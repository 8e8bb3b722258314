-- ===== src/UnitValue/Marker.antt =====
-- The marker block: Marker, fieldSpecs, isValidShareId, markerComment, hasMarker, parseMarker.
pub mod Lines
pub mod RoundTrip
pub mod Spec
pub mod Sound
pub mod Valid
pub mod Present
use kde_nasmount.Prelude.{
  ℕ, ◌+◌, ◌<◌, ◌^◌, Bool, true, false, not, ◌&&◌, ◌||◌, Option, none, some, List, [], ◌∷◌, ◌++◌,
  ◌≡◌, leb, ◌==◌, if◌then◌else◌, Result, ok, err, ◌>>=◌, ◌>>◌,
}
use kde_nasmount.Text.{
  Text, codes, line_feed, is_empty, text_eq, strip_prefix, starts_with, list_contains,
}
use kde_nasmount.Text.Decimal.{is_digit, all_units, decimal, to_uint}
use kde_nasmount.Text.Split.{split}
use kde_nasmount.UnitValue.Access.{
  AuthenticationKind, credentials, guest, AccessMode, read_write, read_only, read_write_executable,
  access_mode_from_string,
}

pub record Marker : Type 0 where
  pub owner_uid : ℕ
  pub owner_gid : ℕ
  pub id : Text
  pub authentication : AuthenticationKind
  pub access : AccessMode

abbrev pub length : Text → ℕ
length [] = 0
length (_ ∷ t) = length t + 1

abbrev pub is_hex : ℕ → Bool
is_hex u = is_digit u || (leb b'a' u && leb u b'f')

unfoldable pub is_valid_share_id : Text → Bool
is_valid_share_id id = length id == 32 && all_units is_hex id

abbrev pub marker_prefix : Text
marker_prefix = codes "# X-Nasmount-"

-- The entries of fieldSpecs, in their order.
pub data Field : Type 0 where
  managed owner_uid owner_gid id mode authentication access : Field

abbrev pub field_specs : List Field
field_specs =
    Field.managed ∷ Field.owner_uid ∷ Field.owner_gid ∷ Field.id ∷ Field.mode ∷ Field.authentication
    ∷ Field.access ∷ []

abbrev pub field_key : Field → Text
field_key Field.managed = codes "Managed"
field_key Field.owner_uid = codes "Owner-Uid"
field_key Field.owner_gid = codes "Owner-Gid"
field_key Field.id = codes "Id"
field_key Field.mode = codes "Mode"
field_key Field.authentication = codes "Authentication"
field_key Field.access = codes "Access"

abbrev pub field_required : Field → Bool
field_required Field.access = false
field_required _ = true

-- The group of the field's expression: what may stand between "=" and the end of the line.
unfoldable pub field_value_matches : Field → Text → Bool
unfolding text_eq is_valid_share_id list_contains
field_value_matches Field.managed v = text_eq v (codes "1")
field_value_matches Field.owner_uid v = not (is_empty v) && all_units is_digit v
field_value_matches Field.owner_gid v = not (is_empty v) && all_units is_digit v
field_value_matches Field.id v = is_valid_share_id v
field_value_matches Field.mode v = text_eq v (codes "system")
field_value_matches Field.authentication v =
    list_contains (codes "credentials" ∷ codes "guest" ∷ []) v
field_value_matches Field.access v =
    list_contains (codes "readwrite-executable" ∷ codes "readwrite" ∷ codes "readonly" ∷ []) v

checked_value : Field → Option Text → Option Text
checked_value f none = none
checked_value f (some v) = if field_value_matches f v then some v else none

-- `spec.pattern.match(line)`, with the text that the group captures
unfoldable pub field_match : Field → Text → Option Text
unfolding field_value_matches strip_prefix checked_value
field_match f line =
    checked_value f (strip_prefix (marker_prefix ++ (field_key f ++ codes "=")) line)

-- the inner loop up to its `break`
unfoldable pub first_match : List Field → Text → Option (Field × Text)
unfolding field_match
first_match [] line = none
first_match (f ∷ fs) line =
    let rest = first_match fs line in
    elim (field_match f line) [ none ↦ rest | some v ↦ some (f, v) ]

-- The local variables of parseMarker.
pub record Scan : Type 0 where
  pub seen : List Text
  pub owner_uid_value : Text
  pub owner_gid_value : Text
  pub id_value : Text
  pub auth_value : Text
  pub access_value : Text

abbrev pub empty_scan : Scan
empty_scan = record {
  seen = [];
  owner_uid_value = [];
  owner_gid_value = [];
  id_value = [];
  auth_value = [];
  access_value = [];
}

pub data MarkerError : Type 0 where
  duplicate_field missing_field : Field → MarkerError
  unknown_or_malformed : Text → MarkerError
  invalid_owner_uid invalid_owner_gid invalid_access : MarkerError

unfoldable pub store_value : Field → Text → Scan → Scan
store_value Field.owner_uid v s = record s { owner_uid_value = v }
store_value Field.owner_gid v s = record s { owner_gid_value = v }
store_value Field.id v s = record s { id_value = v }
store_value Field.authentication v s = record s { auth_value = v }
store_value Field.access v s = record s { access_value = v }
store_value _ v s = s

accept : Text → Option (Field × Text) → Scan → Result MarkerError Scan
accept line none s = err (unknown_or_malformed line)
accept line (some (f, v)) s =
    if list_contains s.seen (field_key f)
    then err (duplicate_field f)
    else ok (store_value f v (record s { seen = field_key f ∷ s.seen }))

-- one round of the loop over the lines
unfoldable pub scan_line : Text → Scan → Result MarkerError Scan
unfolding strip_prefix first_match list_contains store_value accept
scan_line line s =
    if not (starts_with marker_prefix line)
    then ok s
    else accept line (first_match field_specs line) s

unfoldable pub scan_lines : List Text → Scan → Result MarkerError Scan
unfolding scan_line
scan_lines [] s = ok s
scan_lines (line ∷ lines) s = do s' ← scan_line line s; scan_lines lines s'

unfoldable pub check_required : List Field → List Text → Result MarkerError (Unit {0})
unfolding list_contains
check_required [] seen = ok tt
check_required (f ∷ fs) seen =
    if field_required f && not (list_contains seen (field_key f))
    then err (missing_field f)
    else check_required fs seen

-- `!accessValue.isEmpty() && !accessModeFromString(accessValue, &result.access)`
unfoldable pub decode_access : Text → Result MarkerError AccessMode
unfolding access_mode_from_string
decode_access [] = ok read_write
decode_access (c ∷ v) = elim (access_mode_from_string (c ∷ v)) [
  | none ↦ err invalid_access
  | some a ↦ ok a
]

unfoldable pub decode_uint : MarkerError → Text → Result MarkerError ℕ
unfolding to_uint
decode_uint e v = elim (to_uint v) [ none ↦ err e | some n ↦ ok n ]

-- what follows the two loops
unfoldable pub decode_scan : Scan → Result MarkerError Marker
unfolding decode_uint decode_access text_eq
decode_scan s = do
  uid_value ← decode_uint invalid_owner_uid s.owner_uid_value
  gid_value ← decode_uint invalid_owner_gid s.owner_gid_value
  a ← decode_access s.access_value
  ok (record {
    owner_uid = uid_value;
    owner_gid = gid_value;
    id = s.id_value;
    authentication = if text_eq s.auth_value (codes "guest") then guest else credentials;
    access = a;
  })

unfoldable pub parse_marker : Text → Result MarkerError Marker
unfolding split scan_lines check_required decode_scan
parse_marker content = do
  s ← scan_lines (split line_feed content) empty_scan
  check_required field_specs s.seen
  decode_scan s

any_marker_line : List Text → Bool
any_marker_line [] = false
any_marker_line (line ∷ lines) = starts_with marker_prefix line || any_marker_line lines

unfoldable pub has_marker : Text → Bool
unfolding split strip_prefix any_marker_line
has_marker content = any_marker_line (split line_feed content)

abbrev pub authentication_text : AuthenticationKind → Text
authentication_text guest = codes "guest"
authentication_text credentials = codes "credentials"

abbrev pub access_line : AccessMode → Text
access_line read_write = []
access_line read_only = codes "# X-Nasmount-Access=readonly\n"
access_line read_write_executable = codes "# X-Nasmount-Access=readwrite-executable\n"

-- The assertion that the id is valid is a premise of the theorems.
unfoldable pub marker_comment : Marker → Text
unfolding decimal
marker_comment m =
    codes "# X-Nasmount-Managed=1\n# X-Nasmount-Owner-Uid="
    ++ (decimal m.owner_uid
        ++ (codes "\n# X-Nasmount-Owner-Gid="
            ++ (decimal m.owner_gid
                ++ (codes "\n# X-Nasmount-Id="
                    ++ (m.id
                        ++ (codes "\n# X-Nasmount-Mode=system\n# X-Nasmount-Authentication="
                            ++ (authentication_text m.authentication
                                ++ (codes "\n" ++ access_line m.access))))))))

-- uid_t and gid_t are 32 bits wide.
pub record IsValidMarker (m : Marker) : Type 0 where
  pub uid_fits : m.owner_uid < 2 ^ 32
  pub gid_fits : m.owner_gid < 2 ^ 32
  pub id_valid : is_valid_share_id m.id ≡ true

- Problem description:
Return the number of lines in the material holding the string "Type", and no other text.

- Your response:
5